To address these challenges, we propose a synergistic representation learning approach for pancreatic image segmentation to improve both the robustness and accuracy. The synergy will come from multiple aspects. 1) Synergy between scales: Multi-scale semantic information will be incorporated in a joint and coarse-to-fine fashion. 2) Synergy between image features and anatomical priors: Anatomical shape priors will be learnt to improve segmentation robustness. 3) Synergy between data: Fully-labelled (multi-organ annotation), partially-labelled (pancreas-only annotation) and unannotated data will be utilised for semi- and partially-supervised learning. 4) Synergy between modalities: Both CT and MR modalities will be explored for semantic feature learning. 5) Synergy between computer and human. Abnormal cases and hard examples will be detected for human to review and annotate to enable human-in-the-loop learning.

The output of the project will be an automated tool that can be applied to large-scale datasets for analysis of pancreatic imaging phenotypes. The expected candidate’s background is engineering, computing or physical sciences.

References:

1. CRUK, “Pancreatic cancer statistics.” [Online]. Available: https://www.cancerresearchuk.org/about-cancer/pancreatic-cancer/survival.

2. W. Muhammad et al., “Pancreatic cancer prediction through an artificial neural network,” Front. Artif. Intell., vol. 2, 2019.

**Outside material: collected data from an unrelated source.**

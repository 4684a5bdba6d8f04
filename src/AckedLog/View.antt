-- ===== src/AckedLog/View.antt =====
-- `ViewableLog` of src/server/acked_log.rs: the terms and txids that a log has.
use rasputin.Prelude.{ℕ, ◌<◌, ◌≡◌, refl, List, [], ◌∷◌, ◌++◌, arith, eqb_iff, nat_key}
use rasputin.BTreeMap.{BTreeMap, insert}
use rasputin.AckedLog.{LogEntry, Acked, InMemoryLog, push_pending, append_ack, push_ack, PeerId}
use rasputin.AckedLog.Bounds.{Within, IsValid, Within-le}

module _ {ℓ} {T : Type ℓ} where
  -- The two loops.
  unfoldable pub view_pending : BTreeMap ℕ (Acked (LogEntry T)) → List (ℕ × ℕ)
  view_pending [] = []
  view_pending ((txid, acked) ∷ m) = (acked.inner.term, txid) ∷ view_pending m

  unfoldable pub view_committed : BTreeMap ℕ (LogEntry T) → List (ℕ × ℕ)
  view_committed [] = []
  view_committed ((txid, learned) ∷ m) = (learned.term, txid) ∷ view_committed m

  abbrev pub acked : InMemoryLog T → List (ℕ × ℕ)
  acked log = view_pending log.pending

  abbrev pub learned : InMemoryLog T → List (ℕ × ℕ)
  learned log = view_committed log.committed

  view_pending-insert :
      (lo hi t : ℕ) (ent : Acked (LogEntry T)) (m : BTreeMap ℕ (Acked (LogEntry T)))
      → Within lo hi m
      → hi < t
      → view_pending (insert t ent m) ≡ view_pending m ++ (ent.inner.term, t) ∷ []
  unfolding view_pending insert
  view_pending-insert lo hi t ent [] w h = refl
  view_pending-insert lo hi t ent ((j, x) ∷ m) w h =
      ground (arith, eqb_iff j t, Within-le j hi m w.2, view_pending-insert j hi t ent m w.2 h)

  -- On a valid log a new entry, above the last accepted one, is seen behind those that were.
  acked-push_pending :
      (log : InMemoryLog T) (term txid : ℕ) (entry : T)
      → IsValid log
      → log.last_accepted_txid < txid
      → acked (push_pending log term txid entry) ≡ acked log ++ (term, txid) ∷ []
  unfolding push_pending
  acked-push_pending log term txid entry v h =
      view_pending-insert log.last_learned_txid log.last_accepted_txid txid _ log.pending v h

  -- An ack changes nothing of what is seen.
  view_pending-append_ack :
      (peer : PeerId) (m : BTreeMap ℕ (Acked (LogEntry T)))
      → view_pending (append_ack peer m) ≡ view_pending m
  unfolding view_pending append_ack push_ack
  view_pending-append_ack peer [] = refl
  view_pending-append_ack peer ((j, ent) ∷ m) = ground (arith, view_pending-append_ack peer m)
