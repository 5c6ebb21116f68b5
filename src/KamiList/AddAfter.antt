-- ===== src/KamiList/AddAfter.antt =====
-- util/list.c: KamiListAddAfter.
use native.Mathlib.Decide.{ℕ_discrete}
use easymesh.Prelude.Int.{pos}
use easymesh.Prelude.Run.{Ptr, Returns, returns, null}
use easymesh.Prelude.{ℕ, List, length, arith, ◌<◌, ◌≡◌, true, false, ◌==◌, ◌+◌, ◌∙◌, ◌-◌, refl}
use easymesh.KamiList.{
  grow, set_next, set_prev, set_list, set_head, set_tail, set_size, store, load, Store, add_after,
  store, load, load_header, store_header, set_next, set_prev, set_list, set_head, set_tail,
  set_size,
}
use easymesh.KamiList.Sequence.{item, item-end}
use easymesh.KamiList.Shape.{IsList}
use easymesh.KamiList.Add.{CanAdd, Added, fresh, full, Linked-Added}

module _ {h : Store} {l : Ptr} {xs : List Ptr} (v : IsList h l xs) {p : Ptr} (c : CanAdd h l p)
    (k : ℕ) (within : k < length xs) where
  no_list : (l == null) ≡ false
  no_list = ground (arith, c.place)

  no_item : (p == null) ≡ false
  no_item = ground (arith, c.real)

  no_prev : (item xs k == null) ≡ false
  no_prev = ground (arith, (v.nodes k within).real)

  own : ((h.node (item xs k)).list == l) ≡ true
  own = ground (arith, (v.nodes k within).owned)

  not_in : ((h.node p).list == l) ≡ false
  not_in = ground (arith, c.apart)

  apart : (item xs k == p) ≡ false
  apart = ground (arith, fresh v c k within)

  names : (i j : ℕ) → i < length xs → j < length xs → (item xs i == item xs j) ≡ (i == j)
  names i j b d = ground (arith, v.unique i j)

  off : (i : ℕ) → i < length xs → (item xs i == p) ≡ false
  off i b = ground (arith, fresh v c i b)

  self : (p == p) ≡ true
  self = ground arith

  back : (p == item xs k) ≡ false
  back = ground (arith, fresh v c k within)

  add_after_last :
      k + 1 ≡ length xs
      → Returns (λ r g. (r ≡ pos 0) × Added h l xs (k + 1) p g) (add_after l (item xs k) p h)
  unfolding add_after load store load_header store_header set_next set_prev set_list set_head
      set_tail set_size grow
  add_after_last last =
      let a = c.alive in
      let at = v.nodes k within in
      let b = at.alive in
      let none_follows : (h.node (item xs k)).next ≡ null =
        at.next ∙ item-end xs (k + 1) (omega arith) in
      let end : (h.header l).tail ≡ item xs k = ground (arith, v.tail) in
      let same : (item xs k == item xs k) ≡ true = ground arith in
      rw
        (
          no_list,
          no_prev,
          no_item,
          b,
          own,
          a,
          not_in,
          a,
          a,
          a,
          a,
          b,
          apart,
          none_follows,
          a,
          a,
          b,
          b,
          end,
          same,
          full v c,
        )
        (returns (
          refl,
          Linked-Added v c (k + 1) (omega arith) _ (record {
            size = ground (arith, v.size);
            head = ground (arith, v.head);
            tail = ground (arith, v.tail);
            owned = simp (self, off k within, back) (ground arith);
            next =
                simp (self, off k within, back) (ground (arith, item-end xs (k + 1) (omega arith)));
            prev = simp (self, off k within, back) (ground arith);
            nexts = λ i d.
                let field = (v.nodes i d).next in
                simp (off i d, self, apart, names i k d within) (ground (arith, field));
            prevs = λ i d.
                let field = (v.nodes i d).prev in
                simp (off i d, self, apart, names i k d within) (ground (arith, field));
            lists = λ i d.
                let field = (v.nodes i d).owned in
                simp (off i d, self, apart, names i k d within) (ground (arith, field));
            live = refl;
            headers = λ m ne. ground arith;
            payloads = λ q. ground arith;
            others = λ q ne f. ground (arith, f k);
          }),
        ))

  add_after_inner :
      k + 1 < length xs
      → Returns (λ r g. (r ≡ pos 0) × Added h l xs (k + 1) p g) (add_after l (item xs k) p h)
  unfolding add_after load store load_header store_header set_next set_prev set_list set_head
      set_tail set_size grow
  add_after_inner inner =
      let a = c.alive in
      let at = v.nodes k within in
      let b = at.alive in
      let second = v.nodes (k + 1) inner in
      let d = second.alive in
      let follows : (h.node (item xs k)).next ≡ item xs (k + 1) = at.next in
      let real : (item xs (k + 1) == null) ≡ false = ground (arith, second.real) in
      let not_end : (item xs k == (h.header l).tail) ≡ false =
        ground (arith, v.tail, v.unique k (length xs - 1)) in
      let r1 : (item xs (k + 1) == item xs k) ≡ false = ground (arith, v.unique (k + 1) k) in
      let r2 : (item xs (k + 1) == p) ≡ false = off (k + 1) inner in
      let r3 : (p == item xs (k + 1)) ≡ false = ground (arith, r2) in
      rw
        (
          no_list,
          no_prev,
          no_item,
          b,
          own,
          a,
          not_in,
          a,
          a,
          a,
          a,
          b,
          apart,
          follows,
          a,
          a,
          real,
          d,
          d,
          b,
          b,
          not_end,
          full v c,
        )
        (returns (
          refl,
          Linked-Added v c (k + 1) (omega arith) _ (record {
            size = ground (arith, v.size);
            head = ground (arith, v.head);
            tail = ground (arith, v.tail);
            owned = simp (self, off k within, back, r2, r3) (ground arith);
            next = simp (self, off k within, back, r2, r3) (ground (arith, at.next));
            prev = simp (self, off k within, back, r2, r3) (ground arith);
            nexts = λ i d.
                let field = (v.nodes i d).next in
                simp (off i d, self, apart, r2, names i k d within, names i (k + 1) d (omega arith))
                  (ground (arith, field));
            prevs = λ i d.
                let field = (v.nodes i d).prev in
                simp (off i d, self, apart, r2, names i k d within, names i (k + 1) d (omega arith))
                  (ground (arith, field));
            lists = λ i d.
                let field = (v.nodes i d).owned in
                simp (off i d, self, apart, r2, names i k d within, names i (k + 1) d (omega arith))
                  (ground (arith, field));
            live = refl;
            headers = λ m ne. ground arith;
            payloads = λ q. ground arith;
            others = λ q ne f. ground (arith, f k, f (k + 1));
          }),
        ))

  -- On a list of distinct nodes whose links agree, KamiListAddAfter of one of the nodes and a
  -- node of no or another list returns 0 and puts it right behind the first. The result is again
  -- such a list, and no other node, header or payload changes.
  add_after-Added :
      Returns (λ r g. (r ≡ pos 0) × Added h l xs (k + 1) p g) (add_after l (item xs k) p h)
  add_after-Added = elim (ℕ_discrete (k + 1) (length xs)) [
    | yes e ↦ add_after_last e
    | no ne ↦ add_after_inner (omega arith)
  ]
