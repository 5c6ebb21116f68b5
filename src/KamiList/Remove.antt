-- ===== src/KamiList/Remove.antt =====
-- util/list.c: what KamiListDel reads, and what its proofs share.
pub mod Ends
pub mod Middle
pub mod Any
use easymesh.Prelude.Int.{pos}
use native.Mathlib.Decide.{ℕ_discrete}
use easymesh.Prelude.Run.{Ptr, Returns, returns, null}
use easymesh.Prelude.{ℕ, List, length, arith, ◌≢◌, ◌≡◌, ◌<◌, ◌+◌, false, ◌-◌, true, ◌==◌, refl}
use easymesh.KamiList.{
  store, Store, del, detach, set_head, set_tail, set_size, set_next, set_list, set_prev, load,
  load_header, store_header,
}
use easymesh.KamiList.Sequence.{item, erase_idx, item-end}
use easymesh.KamiList.Shape.{IsList, Unlinked, Unlinked-IsList}

pub record Deleted (h : Store) (l : Ptr) (xs : List Ptr) (k : ℕ) (g : Store) : Type 0 where
  pub unlinked : Unlinked h l xs k g
  pub is_list : IsList g l (erase_idx xs k)

module _ {h : Store} {l : Ptr} {xs : List Ptr} (v : IsList h l xs) (place : l ≢ null) (k : ℕ)
    (within : k < length xs) where
  pub deleted : (g : Store) → Unlinked h l xs k g → Deleted h l xs k g
  deleted g w = record { unlinked = w; is_list = Unlinked-IsList v k within g w }

  -- What KamiListDel tests first, and what it reads.
  pub no_list : (l == null) ≡ false
  no_list = ground (arith, place)

  pub no_item : (item xs k == null) ≡ false
  no_item = ground (arith, (v.nodes k within).real)

  pub some : ((h.header l).size == 0) ≡ false
  some = ground (arith, v.size)

  pub own : ((h.node (item xs k)).list == l) ≡ true
  own = ground (arith, (v.nodes k within).owned)

  pub one : (length xs ≡ 1) → ((h.header l).size == 1) ≡ true
  one e = ground (arith, v.size)

  pub several : 1 < length xs → ((h.header l).size == 1) ≡ false
  several b = ground (arith, v.size)

  pub same : (item xs k == item xs k) ≡ true
  same = ground arith

  pub differs : (i : ℕ) → i < length xs → i ≢ k → (item xs k == item xs i) ≡ false
  differs i b ne = ground (arith, v.unique i k)

  pub names : (i j : ℕ) → i < length xs → j < length xs → (item xs i == item xs j) ≡ (i == j)
  names i j b c = ground (arith, v.unique i j)

  pub far : (i j : ℕ) → i < length xs → j < length xs → i ≢ j → (item xs i == item xs j) ≡ false
  far i j b c ne = ground (arith, v.unique i j)
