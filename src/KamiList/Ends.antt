-- ===== src/KamiList/Ends.antt =====
-- util/list.c: KamiListDelTail and KamiListDelHead.
use easymesh.KamiList.Sequence.{item, item-end}
use easymesh.KamiList.Shape.{IsList}
use easymesh.Prelude.Int.{pos, minus_one}
use native.Mathlib.Decide.{ℕ_discrete}
use easymesh.Prelude.Run.{Ptr, Returns, returns, null, done}
use easymesh.Prelude.{
  ℕ, List, length, arith, ◌-◌, ◌≡◌, ◌==◌, ◌≢◌, refl, ◌<◌, false, true, leb, Bool-cases, ◌||◌, inl,
  inr,
}
use easymesh.KamiList.{
  set_list, Store, del, store, load, load_header, store_header, del_head, del_tail, set_head,
  set_tail, set_next, set_prev, set_size,
}
use easymesh.KamiList.Remove.{Deleted, deleted, no_list, some, far, same}

del-stranger :
    (g : Store) (l p : Ptr) → g.live p ≡ true → (g.node p).list ≢ l → del l p g ≡ done minus_one g
unfolding del load load_header
del-stranger g l p a ne =
    let other : ((g.node p).list == l) ≡ false = ground (arith, ne) in
    elim (Bool-cases (l == null || p == null || (g.header l).size == 0)) [
      | inl t ↦ rw t refl
      | inr f ↦ rw (f, a, other) refl
    ]

module _ {h : Store} {l : Ptr} {xs : List Ptr} (v : IsList h l xs) (place : l ≢ null)
    (within : 0 < length xs) where
  del_tail_only :
      length xs ≡ 1 → Returns (λ r g. (r ≡ pos 0) × Deleted h l xs (length xs - 1) g) (del_tail l h)
  unfolding del_tail set_head set_tail set_next set_prev set_size set_list load store load_header
      store_header
  del_tail_only e =
      let end : (h.header l).tail ≡ item xs (length xs - 1) = ground (arith, v.tail) in
      let a = (v.nodes (length xs - 1) (omega arith)).alive in
      let one : leb (h.header l).size 1 ≡ true = ground (arith, v.size) in
      rw (no_list v place 0 within, some v place 0 within, end, a, a, one)
        (returns (
          refl,
          deleted v place (length xs - 1) (omega arith) _ (record {
            size = ground (arith, v.size);
            head = ground (arith, item-end xs 1 (omega arith));
            tail = ground (arith);
            owned = ground (arith);
            nexts = λ i b ne. absurd (omega arith);
            prevs = λ i b ne. absurd (omega arith);
            lists = λ i b ne. absurd (omega arith);
            live = refl;
            headers = λ m ne. ground arith;
            payloads = λ q. ground arith;
            others = λ q f. ground (arith, f (length xs - 1));
          }),
        ))

  del_tail_more :
      1 < length xs → Returns (λ r g. (r ≡ pos 0) × Deleted h l xs (length xs - 1) g) (del_tail l h)
  unfolding del_tail set_head set_tail set_next set_prev set_size set_list load store load_header
      store_header
  del_tail_more more =
      let end : (h.header l).tail ≡ item xs (length xs - 1) = ground (arith, v.tail) in
      let last = v.nodes (length xs - 1) (omega arith) in
      let a = last.alive in
      let previous = v.nodes (length xs - 2) (omega arith) in
      let b = previous.alive in
      let ahead : (h.node (item xs (length xs - 1))).prev ≡ item xs (length xs - 2) =
        ground (arith, last.prev) in
      let several : leb (h.header l).size 1 ≡ false = ground (arith, v.size) in
      let back = same v place (length xs - 1) (omega arith) in
      let here = λ (i : ℕ) (b : i < length xs) (ne : i ≢ length xs - 1).
        far v place 0 within i (length xs - 1) b (omega arith) ne in
      rw (no_list v place 0 within, some v place 0 within, end, a, a, several, a, back, ahead, b, b)
        (returns (
          refl,
          deleted v place (length xs - 1) (omega arith) _ (record {
            size = ground (arith, v.size);
            head = ground (arith, v.head);
            tail = ground (arith);
            owned = ground (arith, v.unique (length xs - 1) (length xs - 2));
            nexts = λ i b ne. ground (
              arith,
              (v.nodes i b).next,
              here i b ne,
              v.unique i (length xs - 2),
              item-end xs (length xs) (omega arith),
            );
            prevs = λ i b ne.
                ground (arith, (v.nodes i b).prev, here i b ne, v.unique i (length xs - 2));
            lists = λ i b ne.
                ground (arith, (v.nodes i b).owned, here i b ne, v.unique i (length xs - 2));
            live = refl;
            headers = λ m ne. ground arith;
            payloads = λ q. ground arith;
            others = λ q f. ground (arith, f (length xs - 1), f (length xs - 2));
          }),
        ))

  -- On a list that is not empty, of distinct nodes whose links agree, KamiListDelTail returns 0
  -- and leaves the list without its last node. Nodes outside it, other headers and all payloads
  -- are as they were.
  del_tail-Deleted : Returns (λ r g. (r ≡ pos 0) × Deleted h l xs (length xs - 1) g) (del_tail l h)
  del_tail-Deleted = elim (ℕ_discrete (length xs) 1) [
    | yes e ↦ del_tail_only e
    | no ne ↦ del_tail_more (omega arith)
  ]

  -- After KamiListDelHead on a list of two or more nodes, the second node is the head, but
  -- KamiListDel refuses it with -1 and changes nothing.
  pub del_head_orphans :
      1 < length xs
      → Returns
          (λ r g. ((g.header l).head ≡ item xs 1) × (del l (item xs 1) g ≡ done minus_one g))
          (del_head l h)
  unfolding del_head set_head set_tail set_next set_prev set_size set_list load store load_header
      store_header
  del_head_orphans more =
      let a = (v.nodes 0 within).alive in
      let second = v.nodes 1 more in
      let b = second.alive in
      let several : leb (h.header l).size 1 ≡ false = ground (arith, v.size) in
      let follow : (h.node (item xs 0)).next ≡ item xs 1 =
        ground (arith, (v.nodes 0 within).next) in
      let real : (item xs 1 == null) ≡ false = ground (arith, second.real) in
      rw
        (
          no_list v place 0 within,
          some v place 0 within,
          v.head,
          a,
          a,
          several,
          a,
          same v place 0 within,
          follow,
          b,
          b,
          b,
          b,
        )
        (returns (ground arith, del-stranger _ l _ (ground arith) (ground (arith, place))))
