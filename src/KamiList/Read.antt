-- ===== src/KamiList/Read.antt =====
-- util/list.c: the iterator from the head, KamiListContains and KamiListAt.
use native.Mathlib.Decide.{ℕ_discrete}
use easymesh.Prelude.Int.{ℤ, pos, negsuc}
use easymesh.Prelude.Run.{Ptr, null, done, fault, and_then, pure, Cmd}
use easymesh.Prelude.{
  ℕ, List, length, arith, suc, inr, false, Bool, ◌∷◌, drop, ◌==◌, zero, ◌<◌, ◌≡◌, if◌then◌else◌,
  ◌+◌, refl, Bool-cases, inl, [], true, none, some, ◌≢◌, Option, sym, ap, ◌∙◌,
}
use easymesh.KamiList.{
  Store, Iterator, visit, contains_loop, contains, walk, at, resolve, next_node, load, get_iter,
  start, with_iter, load_header,
}
use easymesh.KamiList.Sequence.{item, item-end}
use easymesh.KamiList.Shape.{IsList}

drop-item : (xs : List Ptr) (k : ℕ) → k < length xs → drop k xs ≡ item xs k ∷ drop (suc k) xs
drop-item [] k b = absurd (omega arith)
drop-item (x ∷ xs) zero b = refl
drop-item (x ∷ xs) (suc k) b = drop-item xs k (omega arith)

drop-end : (xs : List Ptr) → drop (length xs) xs ≡ []
drop-end [] = refl
drop-end (x ∷ xs) = drop-end xs

length-zero : {xs : List Ptr} → length xs ≡ 0 → xs ≡ []
length-zero {xs = []} e = refl
length-zero {xs = x ∷ xs} e = absurd (omega arith)

-- Is `p` among the elements?
abbrev pub among : Ptr → List Ptr → Bool
among p [] = false
among p (x ∷ xs) = if x == p then true else among p xs

module _ {h : Store} {l : Ptr} {xs : List Ptr} (v : IsList h l xs) where
  abbrev forward : ℕ → Iterator
  forward k = record { next = item xs k; from_head = true }

  next_node-forward :
      (k : ℕ) → k < length xs → next_node (forward k) h ≡ done (item xs k, forward (suc k)) h
  unfolding next_node load
  next_node-forward k b =
      let n = v.nodes k b in
      let real : (item xs k == null) ≡ false = ground (arith, n.real) in
      rw (real, n.alive, n.next) (ground arith)

  next_node-end : next_node (forward (length xs)) h ≡ done (null, forward (length xs)) h
  unfolding next_node
  next_node-end = rw (item-end xs (length xs) (omega arith)) refl

  visit_from : (j k : ℕ) → j + k ≡ length xs → visit (suc j) (forward k) h ≡ done (drop k xs) h
  unfolding visit
  visit_from zero k e =
      let f : k ≡ length xs = omega arith in rw (f, next_node-end, drop-end xs) refl
  visit_from (suc j) k e =
      let b : k < length xs = omega arith in
      let real : (item xs k == null) ≡ false = ground (arith, (v.nodes k b).real) in
      rw (next_node-forward k b, real, visit_from j (suc k) (omega arith), drop-item xs k b) refl

  contains_from :
      (p : Ptr) (j k : ℕ)
      → j + k ≡ length xs
      → contains_loop (suc j) (forward k) p h ≡ done (among p (drop k xs)) h
  unfolding contains_loop
  contains_from p zero k e =
      let f : k ≡ length xs = omega arith in rw (f, next_node-end, drop-end xs) refl
  contains_from p (suc j) k e =
      let b : k < length xs = omega arith in
      let real : (item xs k == null) ≡ false = ground (arith, (v.nodes k b).real) in
      rw (next_node-forward k b, real)
        (elim (Bool-cases (item xs k == p)) [
          | inl t ↦ rw (t, drop-item xs k b, t) refl
          | inr f ↦ rw (f, drop-item xs k b, f) (contains_from p j (suc k) (omega arith))
        ])

  walk-item : (i k : ℕ) → i + k < length xs → walk i (item xs k) h ≡ done (item xs (i + k)) h
  unfolding walk load
  walk-item zero k b = ground arith
  walk-item (suc i) k b =
      let n = v.nodes k (omega arith) in
      let real : (item xs k == null) ≡ false = ground (arith, n.real) in
      rw (real, n.alive, n.next, walk-item i (k + 1) (omega arith)) (ground arith)

  -- On a list of distinct nodes whose links agree, a loop with an iterator from the head visits
  -- the nodes in order, each once, and ends within one step more than there are nodes, where
  -- malloc gives the iterator; where it does not, the loop reads through NULL.
  pub visit-forward :
      (allocated : Bool)
      → and_then (get_iter allocated l true h) (with_iter (visit (length xs + 1)))
        ≡ (if allocated then done xs h else fault)
  unfolding get_iter load_header start
  visit-forward false = refl
  visit-forward true =
      let steps : length xs + 1 ≡ suc (length xs) = omega arith in
      rw (v.head, steps) (visit_from (length xs) 0 (omega arith))

  -- On a list of distinct nodes whose links agree, KamiListContains of a node that is not NULL
  -- returns where malloc succeeds, and says whether the node is one of them.
  contains-among : (p : Ptr) → l ≢ null → p ≢ null → contains true l p h ≡ done (among p xs) h
  unfolding contains get_iter load_header start
  contains-among p place real =
      let no_list : (l == null) ≡ false = ground (arith, place) in
      let no_item : (p == null) ≡ false = ground (arith, real) in
      let steps : length xs + 1 ≡ suc (length xs) = omega arith in
      rw (no_list, no_item, v.size)
        (elim (ℕ_discrete (length xs) 0) [
          | yes e ↦ rw (e, length-zero e) refl
          | no ne ↦
              let some : (length xs == 0) ≡ false = ground arith in
              rw (some, v.head, steps) (contains_from p (length xs) 0 (omega arith))
        ])

  at_index :
      (o : Option ℕ) (first : Ptr)
      → first ≡ item xs 0
      → ((k : ℕ) → o ≡ some k → k < length xs)
      → elim o as (λ _. Cmd Store Ptr) [ none ↦ pure null | some k ↦ walk k first ] h
        ≡ done (elim o [ none ↦ null | some k ↦ item xs k ]) h
  at_index none first e b = refl
  at_index (some k) first e b =
      let bound = b k refl in
      let same : k + 0 ≡ k = omega arith in rw (e, walk-item k 0 (omega arith), same) refl

  resolve-bound : (i : ℤ) (k : ℕ) → resolve (length xs) i ≡ some k → k < length xs
  unfolding resolve
  resolve-bound (pos i) k e = ground (arith, e)
  resolve-bound (negsuc i) k e = ground (arith, e)

  -- On a list of distinct nodes whose links agree, KamiListAt returns the node at the index,
  -- counted from the end if it is negative, and NULL exactly where the index is out of range.
  at-item :
      (i : ℤ)
      → l ≢ null
      → at l i h ≡ done (elim (resolve (length xs) i) [ none ↦ null | some k ↦ item xs k ]) h
  unfolding at load_header
  at-item i place =
      let no_list : (l == null) ≡ false = ground (arith, place) in
      let sized : resolve (h.header l).size i ≡ resolve (length xs) i =
        ap (λ n. resolve n i) v.size in
      let bound =
        λ (k : ℕ) (e : resolve (h.header l).size i ≡ some k). resolve-bound i k (sym sized ∙ e) in
      rw (no_list, ← sized) (at_index _ _ v.head bound)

3. R. Wolz, C. Chu, K. Misawa, M. Fujiwara, K. Mori, and D. Rueckert, “Automated abdominal multi-organ segmentation with subject-specific atlas generation,” IEEE Trans. Med. Imaging, vol. 32, no. 9, 2013.

4. Z. Zhu, Y. Xia, L. Xie, E. K. Fishman, and A. L. Yuille, “Multi-scale coarse-to-fine segmentation for screening pancreatic ductal adenocarcinoma,” in MICCAI, 2019.

5. Y. Zhou et al., “Prior-aware neural network for partially-supervised multi-organ segmentation,” in ICCV, 2019.

6. V. V. Valindria et al., “Small organ segmentation in whole-body MRI using a two-stage FCN and weighting schemes,” in MICCAI MLMI Workshop, 2018.

7. O. Oktay et al., “Attention U-net: Learning where to look for the pancreas,” in MIDL, 2018.

8. H. R. Roth, L. Lu, A. Farag, A. Sohn, and R. M. Summers, “Spatial aggregation of holistically-nested networks for automated pancreas segmentation,” in MICCAI, 2016.

9. A. T. Bagur, G. Ridgway, J. McGonigle, S. M. Brady, and D. Bulte, “Pancreas segmentation-derived biomarkers: volume and shape metrics in the UK Biobank imaging study,” in MIUA, 2020, pp. 131–142.

10. P. Hu et al., “Automatic pancreas segmentation in CT images with distance-based saliency-aware DenseASPP network,” IEEE J. Biomed. Heal. Informatics, pp. 1–1, 2020.